10カ月ぶりの安値に、8カ月間で6%下落、コロナ前水準に戻らず

2023/09/01

 フィリピンの代表的株価指数であるフィリピン証券取引所指数(PSEi)の2023年8月31日の終値は6,175.25ポイントとなり、前月末から6.31%下落した。8月の終値ベースでの最高値は1日の6,593.80ポイント。最安値は25日の6,160.61ポイントで、2022年11月3日の6,156.11ポイント以来、約10カ月ぶりの安値であった。

 8月は米国利上げ継続懸念、フィリピン第2四半期GDP成長率4.3%への急減速、中国の大手不動産企業である恒大集団の米国での連邦破産法15条申請に伴う中国の景気不安再燃などを背景に弱気相場が続いた。

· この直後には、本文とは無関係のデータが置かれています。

-- ===== src/Forks/Processes.antt =====
-- The processes that run the programs of forks.c: a forest, in which a step is one call of one process.
use computer_science.Prelude.{ℕ, suc, ◌<◌, List, [], ◌∷◌, ◌++◌}
use computer_science.Forks.{Line, Prog, print, fork, getpid, wait, waitpid, atexit, exit}

-- What a process is doing. A terminated one is a zombie until its parent has waited for it.
pub data Status : Type 0 where
  running : Prog → Status
  zombie : (status : ℕ) → Status
  reaped : Status

-- Sibling processes, the newest first: the number of the first one, the lines its `atexit` handlers
-- will print, what it does, its children, and its older siblings.
pub data Forest : Type 0 where
  nobody : Forest
  process : (pid : ℕ) (handlers : List Line) (status : Status) (children siblings : Forest) → Forest

-- A zombie among the siblings is reaped.
pub data Reaps : Forest → ℕ → ℕ → Forest → Type 0 where
  this_one :
      {pid n : ℕ} {hs : List Line} {ch sib : Forest}
      → Reaps (process pid hs (zombie n) ch sib) pid n (process pid hs reaped ch sib)
  older :
      {pid c n : ℕ} {hs : List Line} {st : Status} {ch sib sib' : Forest}
      → Reaps sib c n sib'
      → Reaps (process pid hs st ch sib) c n (process pid hs st ch sib')

-- One call of one process, with the lines that it prints.
pub data Step : Forest → List Line → Forest → Type 0 where
  prints :
      {pid : ℕ} {hs : List Line} {l : Line} {q : Prog} {ch sib : Forest}
      → Step
          (process pid hs (running (print l q)) ch sib)
          (l ∷ [])
          (process pid hs (running q) ch sib)
  forks :
      {pid : ℕ} {hs : List Line} {k : ℕ → Prog} {ch sib : Forest}
      → (c : ℕ) → 0 < c
      → Step
          (process pid hs (running (fork k)) ch sib)
          []
          (process pid hs (running (k c)) (process c hs (running (k 0)) nobody ch) sib)
  gets_pid :
      {pid : ℕ} {hs : List Line} {k : ℕ → Prog} {ch sib : Forest}
      → Step
          (process pid hs (running (getpid k)) ch sib)
          []
          (process pid hs (running (k pid)) ch sib)
  waits :
      {pid c n : ℕ} {hs : List Line} {k : ℕ → ℕ → Prog} {ch ch' sib : Forest}
      → Reaps ch c n ch'
      → Step
          (process pid hs (running (wait k)) ch sib)
          []
          (process pid hs (running (k c n)) ch' sib)
  waits_for :
      {pid c n : ℕ} {hs : List Line} {k : ℕ → Prog} {ch ch' sib : Forest}
      → Reaps ch c n ch'
      → Step
          (process pid hs (running (waitpid c k)) ch sib)
          []
          (process pid hs (running (k n)) ch' sib)
  registers :
      {pid : ℕ} {hs : List Line} {l : Line} {q : Prog} {ch sib : Forest}
      → Step
          (process pid hs (running (atexit l q)) ch sib)
          []
          (process pid (l ∷ hs) (running q) ch sib)
  handles :
      {pid n : ℕ} {hs : List Line} {l : Line} {ch sib : Forest}
      → Step
          (process pid (l ∷ hs) (running (exit n)) ch sib)
          (l ∷ [])
          (process pid hs (running (exit n)) ch sib)
  exits :
      {pid n : ℕ} {ch sib : Forest}
      → Step (process pid [] (running (exit n)) ch sib) [] (process pid [] (zombie n) ch sib)
  below :
      {pid : ℕ} {hs o : List _} {st : Status} {ch ch' sib : Forest}
      → Step ch o ch'
      → Step (process pid hs st ch sib) o (process pid hs st ch' sib)
  beside :
      {pid : ℕ} {hs o : List _} {st : Status} {ch sib sib' : Forest}
      → Step sib o sib'
      → Step (process pid hs st ch sib) o (process pid hs st ch sib')

-- So many steps, with all lines printed on the way.
pub data Run (f : Forest) : ℕ → List Line → Forest → Type 0 where
  stay : Run f 0 [] f
  then_step :
      {steps : ℕ} {o l : List Line} {g h : Forest}
      → Run f steps o g
      → Step g l h
      → Run f (suc steps) (o ++ l) h

-- The process of the program alone.
abbrev pub alone : ℕ → Prog → Forest
alone pid p = process pid [] (running p) nobody nobody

また、国際的な機関投資家が運用のベンチマークとして採用しているモルガンスタンレー・キャピタル・インターナショナル(MSCI)指数の8月の定期再構築(リバランス)の動きが下落に拍車をかけた。

 PSEiは、2023年年初8カ月間では5.96%下落。新規の買い材料に乏しく上値が重たい展開で、新型コロナパンデミック発生前の水準に戻れないままの動きとなっている。大分類セクター別指数は、金融株(+12.46%)のみプラス。不動産株(-14.37%)、持株会社株(-8.21%)、サービス業株(-8.18%)、工業株(-7.07%)、鉱業・石油株(資源株、-6.71%)は下落した。金融株は、銀行の不良債権比率の急ピッチの改善や業績回復が好感されている。一方、金利上昇という環境下で、金利敏感の代表格である不動産株は軟調な展開が続いている。

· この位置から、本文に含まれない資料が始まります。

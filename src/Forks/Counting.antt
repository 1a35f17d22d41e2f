-- ===== src/Forks/Counting.antt =====
-- How much the processes of a forest will still print, and how many calls they will make, when none of
-- them waits for another.
use computer_science.Prelude.{ℕ, ◌+◌, ◌<◌, ◌≡◌, refl, arith, List, [], ◌∷◌, ◌++◌, ◌⊎◌, inl, inr}
use computer_science.Forks.{Line, Prog, print, fork, getpid, wait, waitpid, atexit, exit, spin}
use computer_science.Forks.Processes.{
  Status, running, zombie, reaped, Forest, nobody, process, Step, prints, forks, gets_pid, waits,
  waits_for, registers, handles, exits, below, beside,
}

-- A line costs `line_cost`, and any call but printing costs `call_cost`.
module _ (line_cost : Line → ℕ) (call_cost : ℕ) where
  abbrev pub printed : List Line → ℕ
  printed [] = 0
  printed (l ∷ ls) = line_cost l + printed ls

  -- A program with handlers of cost `h` costs `n` whatever numbers its children get, and never waits.
  abbrev pub Costs : Prog → ℕ → ℕ → Type 0
  Costs (print l q) h n = (m : ℕ) × (n ≡ line_cost l + m) × Costs q h m
  Costs (fork k) h n =
      (a : ℕ) × (b : ℕ) × (n ≡ call_cost + a + b)
      × ((c : ℕ) → 0 < c → Costs (k c) h a)
      × Costs (k 0) h b
  Costs (getpid k) h n = (m : ℕ) × (n ≡ call_cost + m) × ((c : ℕ) → Costs (k c) h m)
  Costs (wait k) h n = ⊥
  Costs (waitpid c k) h n = ⊥
  Costs (atexit l q) h n = (m : ℕ) × (n ≡ call_cost + m) × Costs q (line_cost l + h) m
  Costs (exit s) h n = n ≡ call_cost + h
  Costs spin h n = n ≡ 0

  abbrev pub StatusCosts : Status → ℕ → ℕ → Type 0
  StatusCosts (running p) h n = Costs p h n
  StatusCosts (zombie s) h n = n ≡ 0
  StatusCosts reaped h n = n ≡ 0

  abbrev pub ForestCosts : Forest → ℕ → Type 0
  ForestCosts nobody n = n ≡ 0
  ForestCosts (process pid hs st ch sib) n =
      (a : ℕ) × (b : ℕ) × (c : ℕ) × (n ≡ a + b + c)
      × StatusCosts st (printed hs) a
      × ForestCosts ch b
      × ForestCosts sib c

  printed-append : (o l : List Line) → printed (o ++ l) ≡ printed o + printed l
  printed-append [] l = omega arith
  printed-append (x ∷ o) l = omega (arith, printed-append o l)

  -- What one step leaves: it costs the one line that it prints, or `call_cost`.
  abbrev pub Paid : List Line → ℕ → Forest → Type 0
  Paid o n g =
      (m : ℕ) × (((l : Line) × (o ≡ l ∷ []) × (n ≡ line_cost l + m))
        ⊎ ((o ≡ []) × (n ≡ call_cost + m)))
      × ForestCosts g m

  Paid-elsewhere :
      (o : List Line) (b m r : ℕ) (g : Forest)
      → ((l : Line) × (o ≡ l ∷ []) × (b ≡ line_cost l + m)) ⊎ ((o ≡ []) × (b ≡ call_cost + m))
      → ForestCosts g (m + r)
      → Paid o (b + r) g
  Paid-elsewhere o b m r g (inl (l, e, f)) costs = (m + r, inl (l, e, omega (arith, f)), costs)
  Paid-elsewhere o b m r g (inr (e, f)) costs = (m + r, inr (e, omega (arith, f)), costs)

  pub Step-Paid :
      {f g : Forest} {o : List Line} → Step f o g → (n : ℕ) → ForestCosts f n → Paid o n g
  Step-Paid prints n (a, b, c, e, (m, e1, q), ch, sib) =
      (m + b + c, inl (_, refl, omega (arith, e, e1)), (m, b, c, refl, q, ch, sib))
  Step-Paid (forks i h) n (a, b, c, e, (p, q, e1, kp, kq), ch, sib) = (
    p + (q + 0 + b) + c,
    inr (refl, omega (arith, e, e1)),
    (p, q + 0 + b, c, refl, kp i h, (q, 0, b, refl, kq, refl, ch), sib),
  )
  Step-Paid gets_pid n (a, b, c, e, (m, e1, k), ch, sib) =
      (m + b + c, inr (refl, omega (arith, e, e1)), (m, b, c, refl, k _, ch, sib))
  Step-Paid (waits r) n (a, b, c, e, k, ch, sib) = absurd k
  Step-Paid (waits_for r) n (a, b, c, e, k, ch, sib) = absurd k
  Step-Paid registers n (a, b, c, e, (m, e1, q), ch, sib) =
      (m + b + c, inr (refl, omega (arith, e, e1)), (m, b, c, refl, q, ch, sib))
  Step-Paid (handles {hs = hs}) n (a, b, c, e, e1, ch, sib) = (
    call_cost + printed hs + b + c,
    inl (_, refl, omega (arith, e, e1)),
    (call_cost + printed hs, b, c, refl, refl, ch, sib),
  )
  Step-Paid exits n (a, b, c, e, e1, ch, sib) =
      (b + c, inr (refl, omega (arith, e, e1)), (0, b, c, omega arith, refl, ch, sib))
  Step-Paid {g = g} {o} (below st) n (a, b, c, e, s, ch, sib) =
      let (m, cost, ch') = Step-Paid st b ch in
      let split : n ≡ b + (a + c) = omega (arith, e) in
      rw split (Paid-elsewhere o b m (a + c) g cost (a, m, c, omega arith, s, ch', sib))
  Step-Paid {g = g} {o} (beside st) n (a, b, c, e, s, ch, sib) =
      let (m, cost, sib') = Step-Paid st c sib in
      let split : n ≡ c + (a + b) = omega (arith, e) in
      rw split (Paid-elsewhere o c m (a + b) g cost (a, b, m, omega arith, s, ch, sib'))

-- Nobody runs, but in an infinite loop.
abbrev pub StatusHalted : Status → Type 0
StatusHalted (running spin) = Unit
StatusHalted (running p) = ⊥
StatusHalted s = Unit

abbrev pub Halted : Forest → Type 0
Halted nobody = Unit
Halted (process pid hs st ch sib) = StatusHalted st × Halted ch × Halted sib

StatusCosts-zero :
    (cost : Line → ℕ) (call h n : ℕ) (st : Status)
    → StatusHalted st
    → StatusCosts cost call st h n
    → n ≡ 0
StatusCosts-zero cost call h n (running (print l q)) d c = absurd d
StatusCosts-zero cost call h n (running (fork k)) d c = absurd d
StatusCosts-zero cost call h n (running (getpid k)) d c = absurd d
StatusCosts-zero cost call h n (running (wait k)) d c = absurd d
StatusCosts-zero cost call h n (running (waitpid p k)) d c = absurd d
StatusCosts-zero cost call h n (running (atexit l q)) d c = absurd d
StatusCosts-zero cost call h n (running (exit s)) d c = absurd d
StatusCosts-zero cost call h n (running spin) d c = c
StatusCosts-zero cost call h n (zombie s) d c = c
StatusCosts-zero cost call h n reaped d c = c

pub ForestCosts-zero :
    (cost : Line → ℕ) (call n : ℕ) (f : Forest) → Halted f → ForestCosts cost call f n → n ≡ 0
ForestCosts-zero cost call n nobody d c = c
ForestCosts-zero cost call n (process pid hs st ch sib) (d, dch, dsib) (a, b, c, e, s, cch, csib) =
    omega (
      arith,
      e,
      StatusCosts-zero cost call (printed cost call hs) a st d s,
      ForestCosts-zero cost call b ch dch cch,
      ForestCosts-zero cost call c sib dsib csib,
    )

-- Without waiting, whoever does not halt can make a call.
abbrev pub Moves : Forest → Type 0
Moves f = (o : List Line) × (g : Forest) × Step f o g

StatusCosts-Moves :
    (cost : Line → ℕ) (call h n pid : ℕ) (hs : List Line) (st : Status) (ch sib : Forest)
    → StatusCosts cost call st h n
    → StatusHalted st ⊎ Moves (process pid hs st ch sib)
StatusCosts-Moves cost call h n pid hs (running (print l q)) ch sib c = inr (_, _, prints)
StatusCosts-Moves cost call h n pid hs (running (fork k)) ch sib c =
    inr (_, _, forks 1 (omega arith))
StatusCosts-Moves cost call h n pid hs (running (getpid k)) ch sib c = inr (_, _, gets_pid)
StatusCosts-Moves cost call h n pid hs (running (wait k)) ch sib c = absurd c
StatusCosts-Moves cost call h n pid hs (running (waitpid p k)) ch sib c = absurd c
StatusCosts-Moves cost call h n pid hs (running (atexit l q)) ch sib c = inr (_, _, registers)
StatusCosts-Moves cost call h n pid [] (running (exit s)) ch sib c = inr (_, _, exits)
StatusCosts-Moves cost call h n pid (l ∷ hs) (running (exit s)) ch sib c = inr (_, _, handles)
StatusCosts-Moves cost call h n pid hs (running spin) ch sib c = inl tt
StatusCosts-Moves cost call h n pid hs (zombie s) ch sib c = inl tt
StatusCosts-Moves cost call h n pid hs reaped ch sib c = inl tt

pub ForestCosts-Moves :
    (cost : Line → ℕ) (call n : ℕ) (f : Forest) → ForestCosts cost call f n → Halted f ⊎ Moves f
ForestCosts-Moves cost call n nobody c = inl tt
ForestCosts-Moves cost call n (process pid hs st ch sib) (a, b, c, e, s, cch, csib) =
    elim (StatusCosts-Moves cost call (printed cost call hs) a pid hs st ch sib s) [
      | inr moves ↦ inr moves
      | inl d ↦ elim (ForestCosts-Moves cost call b ch cch) [
        | inr (o, g, st) ↦ inr (o, _, below st)
        | inl dch ↦ elim (ForestCosts-Moves cost call c sib csib) [
          | inr (o, g, st) ↦ inr (o, _, beside st)
          | inl dsib ↦ inl (d, dch, dsib)
        ]
      ]
    ]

 8カ月間の外国人投資家の買い越し日は76営業日だった(1月は16日、2月は5日、3月は9日、4月は8日、5月は13日、6月は9日、7月は12日、8月は4日)。

 PSE指数(PSEi)の推移(年末値/月末価)
時期 年末・月末値 上昇率
2012年 5,812.73ポイント 32.95%
2013年 5,889.83ポイント 1.33%
2014年 7,230.57ポイント 22.76%
2015年 6,952.08ポイント -3.85%
2016年 6,840.64ポイント -1.60%
2017年 8,558.42ポイント 25.11%
2018年 7,466.02ポイント -12.76%
2019年 7,815.26ポイント 4.68%
2020年 7,139.71ポイント -8.64%
2021年 7,122.63ポイント -0.24%
2022年 6,566.39ポイント -7.81%
2023年 1月末 6,793.25ポイント 3.45%
2月末 6,556.20ポイント -3.49%
3月末 6,499.68ポイント -0.86%
4月末 6,625.08ポイント 1.93%
5月末 6,477.36ポイント -2.23%
6月末 6,468.07ポイント -0.14%
7月末 6,591.47ポイント 1.91%
8月末 6,175.25ポイント -6.31%
8カ月間 - -5.96%
(出所:PSE資料より作成)

 
フィリピン証券取引所のセクター別株価指数上昇率
項目 19年 20年 21年 22年 23年8カ月間 23年8月末指数
フィリピン証券取引所指数 4.68% -8.64% -0.24% -7.81% -5.96% 6,175.25
全株指数 2.92% -8.11% -10.64% -9.33% -3.68% 3,334.78
  金融株指数 4.71% -22.32% 10.95% 2.42% 12.46% 1,850.03
  工業株指数 -12.02% -2.51% 10.76% -10.12% -7.07% 8,689.90
  持株会社株指数 3.41% -3.13% -7.44% -5.49% -8.21% 5,904.97
  不動産株指数 14.51% -11.80% -12.14% -9.04% -14.37% 2,507.86
  サービス業株指数 6.13% -1.11% 31.19% -17.73% -8.18% 1,500.54
  鉱業・石油株指数 -1.32% 17.75% 0.77% 12.57% -6.71% 10,083.72
(出所:PSE資料より作成)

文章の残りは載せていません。